§ What you should do: Where the records below show a line containing "pub quote : Text → Text", start copying; end with the line containing "pub hash : Text → Text → Option Text", and copy it too.

§ Data to use:
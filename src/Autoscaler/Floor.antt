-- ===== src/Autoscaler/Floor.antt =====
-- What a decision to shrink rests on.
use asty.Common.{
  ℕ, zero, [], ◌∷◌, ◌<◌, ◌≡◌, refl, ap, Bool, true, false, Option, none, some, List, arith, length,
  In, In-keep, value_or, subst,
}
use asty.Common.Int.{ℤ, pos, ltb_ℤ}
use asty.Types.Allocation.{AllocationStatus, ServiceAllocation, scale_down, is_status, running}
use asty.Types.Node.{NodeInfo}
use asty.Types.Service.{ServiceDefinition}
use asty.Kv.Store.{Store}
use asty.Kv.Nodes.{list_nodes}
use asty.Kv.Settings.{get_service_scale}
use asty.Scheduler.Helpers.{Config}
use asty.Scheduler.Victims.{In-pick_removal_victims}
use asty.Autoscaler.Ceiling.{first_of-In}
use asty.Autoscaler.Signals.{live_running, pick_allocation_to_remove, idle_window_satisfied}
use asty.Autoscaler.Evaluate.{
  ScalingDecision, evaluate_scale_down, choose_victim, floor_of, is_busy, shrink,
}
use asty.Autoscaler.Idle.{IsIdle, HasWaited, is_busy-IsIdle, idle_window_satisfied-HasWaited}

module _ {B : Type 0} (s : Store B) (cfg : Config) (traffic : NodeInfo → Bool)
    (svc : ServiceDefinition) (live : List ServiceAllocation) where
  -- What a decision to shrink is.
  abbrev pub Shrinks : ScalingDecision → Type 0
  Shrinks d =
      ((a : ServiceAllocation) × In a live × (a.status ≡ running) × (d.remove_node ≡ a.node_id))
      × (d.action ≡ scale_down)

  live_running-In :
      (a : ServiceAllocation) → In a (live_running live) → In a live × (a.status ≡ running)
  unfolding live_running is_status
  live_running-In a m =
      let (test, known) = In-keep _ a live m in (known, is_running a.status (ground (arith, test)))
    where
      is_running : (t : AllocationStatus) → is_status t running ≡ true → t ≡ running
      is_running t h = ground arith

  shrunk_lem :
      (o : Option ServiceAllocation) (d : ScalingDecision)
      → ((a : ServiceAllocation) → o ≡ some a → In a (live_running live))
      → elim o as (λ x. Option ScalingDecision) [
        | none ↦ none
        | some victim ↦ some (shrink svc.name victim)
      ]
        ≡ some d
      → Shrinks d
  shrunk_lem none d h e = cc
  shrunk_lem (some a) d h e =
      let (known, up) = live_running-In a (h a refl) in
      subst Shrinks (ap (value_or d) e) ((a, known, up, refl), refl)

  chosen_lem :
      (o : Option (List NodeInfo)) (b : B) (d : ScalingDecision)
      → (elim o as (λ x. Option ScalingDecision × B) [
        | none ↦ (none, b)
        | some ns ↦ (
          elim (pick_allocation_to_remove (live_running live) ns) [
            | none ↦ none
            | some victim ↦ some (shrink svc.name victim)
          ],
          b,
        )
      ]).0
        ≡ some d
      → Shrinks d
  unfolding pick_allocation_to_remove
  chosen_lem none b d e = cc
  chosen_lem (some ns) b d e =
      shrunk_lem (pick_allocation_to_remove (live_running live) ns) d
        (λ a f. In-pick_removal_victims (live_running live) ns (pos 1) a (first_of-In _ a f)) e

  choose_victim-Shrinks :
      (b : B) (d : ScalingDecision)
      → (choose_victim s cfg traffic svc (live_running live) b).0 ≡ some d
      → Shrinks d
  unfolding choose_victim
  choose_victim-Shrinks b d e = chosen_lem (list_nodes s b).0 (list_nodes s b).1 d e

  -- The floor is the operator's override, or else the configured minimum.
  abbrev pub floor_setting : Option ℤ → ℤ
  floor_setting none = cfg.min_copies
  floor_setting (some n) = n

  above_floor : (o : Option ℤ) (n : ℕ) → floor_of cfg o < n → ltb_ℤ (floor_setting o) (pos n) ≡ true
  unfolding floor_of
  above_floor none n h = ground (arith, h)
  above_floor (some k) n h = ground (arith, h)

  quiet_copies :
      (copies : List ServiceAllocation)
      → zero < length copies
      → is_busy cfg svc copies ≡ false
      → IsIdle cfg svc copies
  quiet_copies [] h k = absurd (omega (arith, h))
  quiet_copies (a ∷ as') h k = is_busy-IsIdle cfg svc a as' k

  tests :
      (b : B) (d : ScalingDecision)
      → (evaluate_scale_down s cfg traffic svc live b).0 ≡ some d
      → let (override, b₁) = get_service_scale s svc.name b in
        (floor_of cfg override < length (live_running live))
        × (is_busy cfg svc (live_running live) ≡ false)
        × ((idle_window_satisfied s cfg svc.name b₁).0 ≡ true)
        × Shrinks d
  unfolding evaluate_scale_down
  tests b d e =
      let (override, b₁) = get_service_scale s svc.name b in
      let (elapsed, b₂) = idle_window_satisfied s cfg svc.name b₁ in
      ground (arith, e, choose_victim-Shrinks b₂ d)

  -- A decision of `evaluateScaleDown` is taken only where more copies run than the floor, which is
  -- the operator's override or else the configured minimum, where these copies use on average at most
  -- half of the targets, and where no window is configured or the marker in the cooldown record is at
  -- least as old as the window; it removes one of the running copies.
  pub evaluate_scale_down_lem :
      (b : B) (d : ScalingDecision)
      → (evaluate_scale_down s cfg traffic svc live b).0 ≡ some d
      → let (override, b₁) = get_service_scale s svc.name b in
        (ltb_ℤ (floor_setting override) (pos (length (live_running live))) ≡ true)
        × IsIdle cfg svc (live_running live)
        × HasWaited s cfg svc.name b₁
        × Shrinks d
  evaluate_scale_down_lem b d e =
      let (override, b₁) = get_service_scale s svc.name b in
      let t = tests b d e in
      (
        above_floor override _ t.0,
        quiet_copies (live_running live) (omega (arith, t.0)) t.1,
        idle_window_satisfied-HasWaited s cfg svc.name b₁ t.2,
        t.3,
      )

==

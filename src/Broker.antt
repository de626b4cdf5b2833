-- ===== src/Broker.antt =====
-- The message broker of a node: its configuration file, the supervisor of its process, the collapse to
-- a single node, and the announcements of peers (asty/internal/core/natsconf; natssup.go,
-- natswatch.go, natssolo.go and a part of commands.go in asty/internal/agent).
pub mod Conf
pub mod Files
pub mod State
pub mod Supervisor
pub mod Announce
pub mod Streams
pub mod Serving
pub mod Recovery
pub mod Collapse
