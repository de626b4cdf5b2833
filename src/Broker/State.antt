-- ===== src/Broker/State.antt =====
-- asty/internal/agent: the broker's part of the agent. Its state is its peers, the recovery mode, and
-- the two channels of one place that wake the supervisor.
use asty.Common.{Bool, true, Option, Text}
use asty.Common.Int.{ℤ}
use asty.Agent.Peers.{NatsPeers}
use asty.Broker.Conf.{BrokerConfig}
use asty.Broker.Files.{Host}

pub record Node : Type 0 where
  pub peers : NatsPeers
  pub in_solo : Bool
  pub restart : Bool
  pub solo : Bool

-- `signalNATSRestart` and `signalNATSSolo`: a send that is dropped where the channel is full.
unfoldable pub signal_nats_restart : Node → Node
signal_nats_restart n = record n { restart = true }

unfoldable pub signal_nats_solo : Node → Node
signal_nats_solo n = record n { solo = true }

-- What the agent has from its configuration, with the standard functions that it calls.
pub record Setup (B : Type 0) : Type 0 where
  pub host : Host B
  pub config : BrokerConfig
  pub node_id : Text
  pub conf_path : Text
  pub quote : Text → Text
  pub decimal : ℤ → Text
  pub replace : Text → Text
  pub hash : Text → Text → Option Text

§ Solution to this task:
  pub quote : Text → Text
  pub decimal : ℤ → Text
  pub replace : Text → Text
  pub hash : Text → Text → Option Text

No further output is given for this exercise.